I got some excellent advice on dry brushing, which lead me to ask for some more advice 

I have read several articles about highlighting panel lines on model aircraft, but everyone of them have been on recessed panel lines, and most say their methods will not work, or will not work well, with raised lines. With the exception of 1 or 2, my models are less expensive and have raised lines. I have no desire to scribe every line. What are some techniques for highlighting raised panel lines? 

Thanks in advance.


----------



## djnick66

I suppose it depensd on what look you want. Real plans generally dont have black or white lines drawn all over them but thats a common model trend. Drybrushing raised detail is about it. By and large I do not highlight or ink in panel lines on planes, at least in the 1/72 stuff I do. I will pick out engraved detail like control surfaces, doors, etc. These are rarely raised in kits nowdays.

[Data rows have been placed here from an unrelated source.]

-- ===== src/Utils/Masks/Numbers.antt =====
-- What every mask of numbers expands to (`expand_number_range`).
use mmt_security.Prelude.{
  ℕ, zero, suc, ◌+◌, ◌-◌, ◌≤◌, ◌≡◌, sym, ◌≢◌, inl, inr, Option, none, some, List, [], ◌∷◌, ◌++◌,
  true, false, not, ◌==◌, ltb, arith, length, length-append, get_or, Run, ok, fault, wild, halted,
  out_of_fuel, ◌>>=◌, Never, All, All-append, Distinct, Bool-cases, ltb→lt,
}
use mmt_security.Prelude.Bits.{u32}
use mmt_security.Utils.Search.{index_of, index_of-first}
use mmt_security.Utils.Masks.{
  Text, Reading, is_digit, skip_digits, atoi, array_size, add_number, add_range, after_comma,
  after_range, second_number, after_first, expand_from, expand_number_range, result_of,
}

-- The call ends in a value of which `P` holds, or in a write beyond the array; it does not run out of
-- fuel and does not halt.
abbrev pub Within {ℓ κ} : {A : Type ℓ} → Run A → (A → Type κ) → Type κ
Within (ok a) P = P a
Within (fault wild) P = Unit
Within (fault halted) P = Never
Within (fault out_of_fuel) P = Never

pub Within-bind {ℓ κ μ ν} :
    {A : Type ℓ} {B : Type κ} (r : Run A) (f : A → Run B) (P : A → Type μ) (Q : B → Type ν)
    → Within r P
    → ((a : A) → P a → Within (f a) Q)
    → Within (r >>= f) Q
Within-bind (ok a) f P Q h k = k a h
Within-bind (fault wild) f P Q h k = tt
Within-bind (fault halted) f P Q h k = elim h [ ]
Within-bind (fault out_of_fuel) f P Q h k = elim h [ ]

-- Different numbers, not more than the array holds.
abbrev pub IsArray : List ℕ → Type 0
IsArray array = Distinct array × (length array ≤ array_size)

abbrev pub IsExpansion : Option (List ℕ) → Type 0
IsExpansion none = Unit
IsExpansion (some array) = IsArray array

Distinct-append :
    (xs : List ℕ) (n : ℕ) → Distinct xs → All (λ x. x ≢ n) xs → Distinct (xs ++ n ∷ [])
Distinct-append [] n h k = (tt, tt)
Distinct-append (x ∷ xs) n h k =
    (All-append (λ y. y ≢ x) xs (n ∷ []) h.0 ((λ e. k.0 (sym e)), tt), Distinct-append xs n h.1 k.1)

pub add_number-IsArray :
    (array : List ℕ) (n : ℕ) → IsArray array → Within (add_number array n) IsArray
unfolding add_number
add_number-IsArray array n h = elim (index_of-first n array) [
  | inl (bound, _, _) ↦ let q : (index_of n array == length array) ≡ false = ground arith in rw q h
  | inr (e, new) ↦
      let q : (index_of n array == length array) ≡ true = ground arith in
      elim (Bool-cases (ltb (length array) array_size)) [
        | inl room ↦
            rw (q, room)
              (
                Distinct-append array n h.0 new,
                omega (arith, length-append array (n ∷ []), ltb→lt (length array) array_size room),
              )
        | inr full ↦ rw (q, full) tt
      ]
]

add_range-IsArray :
    (n i : ℕ) (array : List ℕ) → IsArray array → Within (add_range n i array) IsArray
unfolding add_range
add_range-IsArray zero i array h = h
add_range-IsArray (suc n) i array h =
    Within-bind (add_number array i) _ IsArray IsArray (add_number-IsArray array i h)
      (λ array' h'. add_range-IsArray n (i + 1) array' h')

length-skip_digits : (t : Text) → length (skip_digits t) ≤ length t
unfolding skip_digits
length-skip_digits [] = omega arith
length-skip_digits (c ∷ cs) = ground (arith, length-skip_digits cs)

-- Reading on does well for texts of some length.
abbrev DoesWell : ℕ → Reading → Type 0
DoesWell n rest =
    (array : List ℕ) (t : Text) → length t ≤ n → IsArray array → Within (rest array t) IsExpansion

module _ (n : ℕ) (rest : Reading) (well : DoesWell n rest) (array : List ℕ) where
  after_range-within :
      (t : Text) → length t ≤ n → IsArray array → Within (after_range rest array t) IsExpansion
  unfolding after_range after_comma
  after_range-within [] h a = a
  after_range-within (c ∷ []) h a = ground arith
  after_range-within (c ∷ d ∷ cs) h a = elim (Bool-cases (c == b',')) [
    | inl q ↦ rw q (well array (d ∷ cs) (omega arith) a)
    | inr q ↦ rw q tt
  ]

module _ (n : ℕ) (rest : Reading) (well : DoesWell n rest) where
  second_number-within :
      (array : List ℕ) (t : Text)
      → length t ≤ n
      → IsArray array
      → Within (second_number rest array t) IsExpansion
  unfolding second_number
  second_number-within array t h a =
      let i = u32 (get_or array (length array - 1) 0 + 1) in
      elim (Bool-cases (ltb (atoi t) i)) [
        | inl q ↦ rw q tt
        | inr q ↦ rw q (
            Within-bind (add_range (atoi t + 1 - i) i array) _ IsArray IsExpansion
              (add_range-IsArray (atoi t + 1 - i) i array a)
              (λ array' a'.
                after_range-within n rest well array' (skip_digits t)
                  (omega (arith, length-skip_digits t)) a'))
      ]

  after_first-within :
      (array : List ℕ) (t : Text)
      → length t ≤ n
      → IsArray array
      → Within (after_first rest array t) IsExpansion
  unfolding after_first
  after_first-within array [] h a = a
  after_first-within array (c ∷ cs) h a = elim (Bool-cases (c == b'-')) [
    | inl q ↦ rw q (second_number-within array cs (omega arith) a)
    | inr q ↦ rw q (after_range-within n rest well array (c ∷ cs) h a)
  ]

expand_from-within : (fuel : ℕ) → DoesWell fuel (expand_from fuel)
unfolding expand_from
expand_from-within fuel array [] h a = a
expand_from-within zero array (c ∷ cs) h a = absurd (omega arith)
expand_from-within (suc fuel) array (c ∷ cs) h a = elim (Bool-cases (not (is_digit c))) [
  | inl q ↦ rw q tt
  | inr q ↦ rw q (
      Within-bind (add_number array (atoi (c ∷ cs))) _ IsArray IsExpansion
        (add_number-IsArray array (atoi (c ∷ cs)) a)
        (λ array' a'.
          after_first-within fuel (expand_from fuel) (expand_from-within fuel) array'
            (skip_digits cs) (omega (arith, length-skip_digits cs)) a'))
]

duplicated_lem : (read : Option (List ℕ)) → IsExpansion read → IsExpansion (result_of read)
duplicated_lem none h = tt
duplicated_lem (some []) h = tt
duplicated_lem (some (n ∷ ns)) h = h

-- Whatever the text, expanding it ends, unless it writes beyond the array: with an error, or with an
-- array of at most as many numbers as it has room for, in which no number stands twice.
pub expand_number_range-IsExpansion : (mask : Text) → Within (expand_number_range mask) IsExpansion
unfolding expand_number_range
expand_number_range-IsExpansion mask =
    Within-bind (expand_from (length mask) [] mask) _ IsExpansion IsExpansion
      (expand_from-within (length mask) [] mask (omega arith) (tt, omega arith))
      (λ read h. duplicated_lem read h)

Depending on where the detail is on the model and you may try hitting the top of the detail wtih a Prismacolor pencil also. I use siler pencil to do chips scuffs and to make raised rivets and bolt heads look worn. A wash will help pick out raised detail too. I use light colored washes on a lot of raised detail to make it look like dust or saind that has built up around the raised detail, although you could use a dark wash.

This B-24 wing (in progress) has an artists oil wash










Not much was done on the raised detail here











The panels on my Mustang were done by hand painting thin paint (thicker than most washes) down the few raised lines then drybrushing over them.










A somewhat similar approach was taken here on the Focke Wulf 190.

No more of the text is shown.